_THE RECORDS_
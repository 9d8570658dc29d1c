-- ===== src/AgentCore/Ops/Drop.antt =====
-- ops.rs: `drop_pond`, from the confirmation to the removal of the files.
pub mod Laws
pub mod Failure
use latiq.Prelude.{
  ℕ, String, Bool, true, false, not, List, Option, none, some, ◌==◌, string_eq, if◌then◌else◌, keep,
  Result, ok, err,
}
use latiq.Common.Identity.{Identity}
use latiq.Storage.LocalFs as Files
use latiq.Storage.LocalFs.{pond_location, PondLocation, StorageError}
use latiq.AgentCore.Control.{PondInfo, missing_confirm, AgentError, ControlPlane}
use latiq.AgentCore.InFlight.{begin_drop, end_drop}
use latiq.AgentCore.Deadline.{EngineError}
use latiq.AgentCore.Ops.{
  Config, Env, Node, Engine, Forwarder, Answer, Act, audit, audit_err, parsed_id, dispatch,
}

module _ {S En : Type 0} where
  unfoldable pub evict_lineage_writer : String → Node S En → Node S En
  evict_lineage_writer id n = record n { writers = keep (λ w. not (w == id)) n.writers }

  module _ {X D : Type 0} (eng : Engine En X D) where
    -- A pond that has no location has no instance to forget.
    unfoldable pub forget_at : Result StorageError PondLocation → Node S En → Node S En
    forget_at (ok loc) n = record n { engine = eng.forget_pond loc n.engine }
    forget_at (err e) n = n

    module _ (cfg : Config) (env : Env) where
      -- What follows once the registry has let go of the pond; what the removal answers is ignored.
      unfoldable pub destroy : (pond_id pid : String) → Node S En → Node S En
      unfolding forget_at evict_lineage_writer
      destroy pond_id pid n =
          let forgotten =
            evict_lineage_writer pond_id (forget_at (pond_location cfg.root pid n.disk) n) in
          let removed =
            evict_lineage_writer pond_id
              (record forgotten { disk = (Files.drop_pond pid env.rmdir forgotten.disk).1 }) in
          record removed { inflight = end_drop pond_id removed.inflight }

      -- On what the registry's drop answers.
      unfoldable pub settled :
          Identity → PondInfo → (pid : String) → Answer X (Unit {0}) → Act S En X (Unit {0})
      unfolding destroy audit_err audit
      settled identity info pid (err e) n =
          audit_err identity "drop_pond" (some info.pond_id) e
            (record n { inflight = end_drop info.pond_id n.inflight })
      settled identity info pid (ok tt) n = (
        ok tt,
        audit identity "drop_pond" (some info.pond_id) none true (destroy info.pond_id pid n),
      )

      module _ (cp : ControlPlane S (EngineError X)) where
        unfoldable pub drop_here : Identity → PondInfo → (pid : String) → Act S En X (Unit {0})
        unfolding settled
        drop_here identity info pid n =
            let dropped = cp.drop_pond info.pond_id n.control in
            settled identity info pid dropped.0
              (record n { control = dropped.1; inflight = begin_drop info.pond_id n.inflight })

        unfoldable pub drop_local : Identity → PondInfo → Act S En X (Unit {0})
        unfolding drop_here
        drop_local identity info n = elim (parsed_id {X = X} cfg info) [
          | ok pid ↦ drop_here identity info pid n
          | err e ↦ audit_err identity "drop_pond" (some info.pond_id) e n
        ]

        unfoldable pub drop_pond :
            (fwd : Forwarder X D)
            → Identity
            → (pond_ref : String) → (confirm : Bool) → Act S En X (Unit {0})
        unfolding drop_local dispatch
        drop_pond fwd identity pond_ref confirm n =
            if confirm
            then dispatch cp identity "drop_pond" pond_ref
                (λ peer. fwd.drop_pond peer pond_ref confirm) (drop_local identity) n
            else audit_err identity "drop_pond" (some pond_ref) (missing_confirm pond_ref) n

_THE TASK_
Each line holding the word "unfoldable" must be pulled from the records.

_TASK ANSWER_
  unfoldable pub evict_lineage_writer : String → Node S En → Node S En
    unfoldable pub forget_at : Result StorageError PondLocation → Node S En → Node S En
      unfoldable pub destroy : (pond_id pid : String) → Node S En → Node S En
      unfoldable pub settled :
        unfoldable pub drop_here : Identity → PondInfo → (pid : String) → Act S En X (Unit {0})
        unfoldable pub drop_local : Identity → PondInfo → Act S En X (Unit {0})
        unfoldable pub drop_pond :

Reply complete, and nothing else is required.